Eine der ersten Amtshandlungen von Vázquez als Präsident war die Ankündigung eines nationalen Notfallplans in Höhe von 200 Millionen Dollar, um die schätzungsweise 20 Prozent der Uruguayer zu unterstützen, die in großer Armut leben. Zu seinen Erfolgen gehörten die Verbesserung der Wirtschaft, die jahrelang ein negatives Wachstum verzeichnet hatte, und die Aufarbeitung der Menschenrechtsverletzungen, die während der Militärdiktatur in Uruguay von 1973 bis 1985 begangen worden waren.
2008 trat Vázquez aus seiner Partei, der PSU, aus, nachdem deren Mitglieder für die Legalisierung der Abtreibung in Uruguay gestimmt hatten. Er legte sein Veto gegen ein Abtreibungsgesetz ein, das vom Parlament angenommen worden war. Seine fünfjährige Amtszeit als Präsident gipfelte in der erfolgreichen Umsetzung eines Programms zur Bereitstellung von Laptops für alle Grundschulkinder in Uruguay. Während Vázquez‘ Präsidentschaft wurde das Recht gleichgeschlechtlicher Paare auf Adoption von Kindern legalisiert, und die Gesundheitsversorgung wurde durch eine etwas umstrittene Erhöhung der Einkommenssteuer für die Armen zugänglicher gemacht. Vázquez, der laut Verfassung nicht für eine zweite Amtszeit kandidieren durfte, wurde im März 2010 von José Mujica von der EP-FA abgelöst, einem ehemaligen Führer der Tupamaro-Guerilla.

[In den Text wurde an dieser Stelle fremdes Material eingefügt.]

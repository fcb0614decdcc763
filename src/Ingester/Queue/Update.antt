-- ===== src/Ingester/Queue/Update.antt =====
-- ingester/model.js: `enrich_update` and `update_queue` with its event log and its one retry.
use Prim.Native.Char.{code}
use repo_backend_v.Base.{
  ℕ, ◌+◌, String, Bool, true, false, ◌&&◌, ◌||◌, Option, none, some, List, [], ◌∷◌, ◌++◌, map, leb,
  if◌then◌else◌, ◌==◌, nat_eq, string_eq, get_or, length, filter,
}
use repo_backend_v.Base.Table.{update_where}
use repo_backend_v.Ingester.States.{Severity, get_status_metadata}
use repo_backend_v.Ingester.Queue.Store.{
  Details, Row, Payload, Event, Db, Error, database, ok, M, throw, catch, transaction,
}

-- The update spec of a caller: the columns that it sets, those of the stages as the change that it
-- makes to them.
pub record Patch : Type 0 where
  pub status : Option String
  pub pipeline_state : Option String
  pub severity : Option Severity
  pub suggested_action : Option (Option String)
  pub error : Option (Option String)
  pub is_complete : Option Bool
  pub sip_uuid : Option (Option String)
  pub details : Details → Details
  pub last_poll_at : Option (Option ℕ)
  pub updated : Option ℕ

abbrev pub no_change : Patch
no_change = record {
  status = none;
  pipeline_state = none;
  severity = none;
  suggested_action = none;
  error = none;
  is_complete = none;
  sip_uuid = none;
  details = λ d. d;
  last_poll_at = none;
  updated = none;
}

abbrev pub to_status : String → Patch
to_status s = record no_change { status = some s }

-- The state that the update writes: the explicit one, else the status.
abbrev pub target_state : Patch → Option String
target_state p = elim p.pipeline_state [ none ↦ p.status | some s ↦ some s ]

fill_metadata : Option String → Patch → Patch
fill_metadata none p = p
fill_metadata (some s) p =
    let m = get_status_metadata s in
    record p {
      severity = some (get_or p.severity m.severity);
      suggested_action = some (get_or p.suggested_action m.suggested_action);
    }

unfoldable pub enrich_update : Patch → ℕ → Patch
unfolding fill_metadata
enrich_update data' now =
    let out = record data' { pipeline_state = target_state data' } in
    record (fill_metadata out.pipeline_state out) { updated = some now }

-- UPDATE … SET with the columns of the patch.
unfoldable pub write : Patch → Row → Row
write p r = record r {
  status = get_or p.status r.status;
  pipeline_state = get_or p.pipeline_state r.pipeline_state;
  severity = get_or p.severity r.severity;
  suggested_action = get_or p.suggested_action r.suggested_action;
  error = get_or p.error r.error;
  is_complete = get_or p.is_complete r.is_complete;
  sip_uuid = get_or p.sip_uuid r.sip_uuid;
  details = p.details r.details;
  last_poll_at = get_or p.last_poll_at r.last_poll_at;
  updated = get_or p.updated r.updated;
}

pub record Opts : Type 0 where
  pub actor : String
  pub event_type : String
  pub payload : Option Payload

-- `text || null`
abbrev pub or_null : String → Option String
or_null s = if s == "" then none else some s

abbrev pub transition : Opts → String → ℕ → Row → Event
transition opts to now r = record {
  queue_id = r.id;
  from_state = or_null r.pipeline_state;
  to_state = to;
  event_type = opts.event_type;
  actor = opts.actor;
  payload = opts.payload;
  created_at = now;
}

-- The loop over `before`: one event for each row whose state changes.
unfoldable pub transitions : Opts → String → ℕ → List Row → List Event
transitions opts to now [] = []
transitions opts to now (r ∷ before) =
    let rest = transitions opts to now before in
    if r.pipeline_state == to then rest else transition opts to now r ∷ rest

unfoldable pub log_transitions : Opts → Option String → ℕ → List Row → List Event
unfolding transitions
log_transitions opts none now before = []
log_transitions opts (some to) now before = transitions opts to now before

-- The database after an update of the rows that pass the test.
unfoldable pub apply_update : (Row → Bool) → Patch → Opts → Db → Db
apply_update where' data' opts db =
    let enriched = enrich_update data' db.now in
    record db {
      rows = update_where where' (write enriched) db.rows;
      events =
          db.events ++ log_transitions opts enriched.pipeline_state db.now (filter where' db.rows);
    }

pub record Updated : Type 0 where
  pub affected : ℕ
  pub ids : List ℕ

-- An update that finds no row is the early return.
unfoldable pub write_found : List Row → (Row → Bool) → Patch → Opts → M Updated
write_found [] where' data' opts db = (ok (record { affected = 0; ids = [] }), db)
write_found (r ∷ rs) where' data' opts db = (
  ok (record { affected = length (r ∷ rs); ids = map (λ q. q.id) (r ∷ rs) }),
  apply_update where' data' opts db,
)

unfoldable pub update_queue_txn : (Row → Bool) → Patch → Opts → M Updated
unfolding transaction
update_queue_txn where' data' opts =
    transaction λ db. write_found (filter where' db.rows) where' data' opts db

-- The code points of a text in lower case, and the search of a piece in it, as the regular
-- expression /Record has changed since last read/i does on ASCII.
abbrev lower : ℕ → ℕ
lower c = if leb b'A' c && leb c b'Z' then c + 32 else c

abbrev pub lower_codes : String → List ℕ
lower_codes String.[] = []
lower_codes (String.◌∷◌ c s) = lower (code c) ∷ lower_codes s

unfoldable pub has_prefix : List ℕ → List ℕ → Bool
has_prefix [] s = true
has_prefix (c ∷ p) [] = false
has_prefix (c ∷ p) (d ∷ s) = c == d && has_prefix p s

unfoldable pub has_infix : List ℕ → List ℕ → Bool
unfolding has_prefix
has_infix p [] = has_prefix p []
has_infix p (c ∷ s) = has_prefix p (c ∷ s) || has_infix p s

unfoldable pub is_concurrent_modification : Error → Bool
unfolding has_infix has_prefix
is_concurrent_modification (database message) =
    has_infix (lower_codes "record has changed since last read") (lower_codes message)
is_concurrent_modification _ = false

-- `where` and `data` are always objects here, so the two validations cannot fail.
unfoldable pub update_queue : (Row → Bool) → Patch → Opts → M Updated
update_queue where' data' opts =
    catch (update_queue_txn where' data' opts)
      λ e. if is_concurrent_modification e then update_queue_txn where' data' opts else throw e
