-- ===== src/Ingester/Queue/Select.antt =====
-- ingester/model.js: the reads `get_queue_row`, `list_queue`, `count_rows_in_states`, `get_timeline`.

use mathlib.Core.List.{reverse}
use repo_backend_v.Base.{
  ℕ, String, Bool, true, false, not, ◌&&◌, ◌||◌, Option, none, some, List, ◌==◌, nat_eq, string_eq,
  contains, take, filter, find,
}
use repo_backend_v.Base.Table.{count_where}
use repo_backend_v.Ingester.Queue.Store.{Row, Event, Db}
use text.Mathlib.Text.{starts_with}

abbrev pub by_id : ℕ → Row → Bool
by_id id r = r.id == id

unfoldable pub get_queue_row : (Row → Bool) → Db → Option Row
get_queue_row criteria db = find criteria db.rows

pub record Filters : Type 0 where
  pub status : Option String
  pub batch : Option String
  pub is_complete : Option Bool
  pub sip_uuid : Option String
  pub exclude_backfill : Bool

abbrev pub no_filters : Filters
no_filters = record {
  status = none;
  batch = none;
  is_complete = none;
  sip_uuid = none;
  exclude_backfill = false;
}

-- A filter that is absent or empty admits every row.
abbrev pub admits : Option String → String → Bool
admits none s = true
admits (some f) s = f == "" || f == s

abbrev pub admits_null : Option String → Option String → Bool
admits_null none s = true
admits_null (some f) none = f == ""
admits_null (some f) (some s) = f == "" || f == s

abbrev pub same_flag : Bool → Bool → Bool
same_flag true b = b
same_flag false b = not b

abbrev pub admits_flag : Option Bool → Bool → Bool
admits_flag none b = true
admits_flag (some f) b = same_flag f b

unfoldable pub matches : Filters → Row → Bool
matches f r =
    admits f.status r.status
    && (admits f.batch r.batch
        && (admits_flag f.is_complete r.is_complete
            && (admits_null f.sip_uuid r.sip_uuid
                && not (f.exclude_backfill && starts_with "aip-backfill-" r.batch))))

-- Newest first: the table is in the order of the ids.
unfoldable pub list_queue : Filters → ℕ → Db → List Row
unfolding matches
list_queue f limit db = take limit (filter (matches f) (reverse db.rows))

unfoldable pub count_rows_in_states : List String → Db → ℕ
unfolding count_where
count_rows_in_states states db =
    count_where (λ r. contains states r.pipeline_state && not r.is_complete) db.rows

unfoldable pub get_timeline : ℕ → Db → List Event
get_timeline queue_id db = filter (λ e. e.queue_id == queue_id) db.events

2014 war Vázquez erneut der Präsidentschaftskandidat der Koalition der Breiten Front, diesmal jedoch nicht als Vertreter des Wandels, sondern als Kandidat der Kontinuität, der von der Popularität Mujicas profitieren sollte, der für die Fortsetzung der langen Periode des wirtschaftlichen Wohlstands gesorgt hatte, die unter Vázquez begonnen hatte. Mujica hatte auch eine Gesetzgebung auf den Weg gebracht, die den Besitz von Marihuana legalisierte und die Herstellung, den Vertrieb und den Verkauf von Marihuana durch den Staat kontrollierte. Viele (einigen Umfragen zufolge die meisten) Uruguayer missbilligten die neuen Marihuana-Gesetze, die Vázquez durchzusetzen gelobte. Der wirtschaftliche Wohlstand schien diese Bedenken jedoch zu übertrumpfen, denn Vázquez gewann die Stichwahl im November deutlich und besiegte Luis Lacalle Pou von der Nationalen Partei (Sohn des ehemaligen Präsidenten Luis Lacalle Herrera), der das Versprechen, diese Gesetze zu ändern, zu einem Teil seines Wahlprogramms gemacht hatte. Vázquez trat sein Amt im März 2015 an.
Seine zweite Amtszeit als Präsident war schwieriger als seine erste. Die Wirtschaft, die unter der zehnjährigen Herrschaft der Breiten Front floriert hatte, begann zu stottern, und das BIP-Wachstum sank in den ersten vier Jahren von Vázquez‘ zweiter Amtszeit auf durchschnittlich 1,6 Prozent pro Jahr, während die Arbeitslosigkeit zunahm. Die wirtschaftlichen Probleme des Landes waren zum Teil das Ergebnis der Probleme, die Uruguays größere Nachbarn, Brasilien und Argentinien, erlebten. Auch Kriminalität und Gewalt nahmen in Uruguay zu. Als Folge dieser Faktoren sank die Zustimmung zu Vázquez, der bei seinem Ausscheiden aus dem Amt im Jahr 2010 62 Prozent hatte, am Ende seiner zweiten Amtszeit auf 28 Prozent.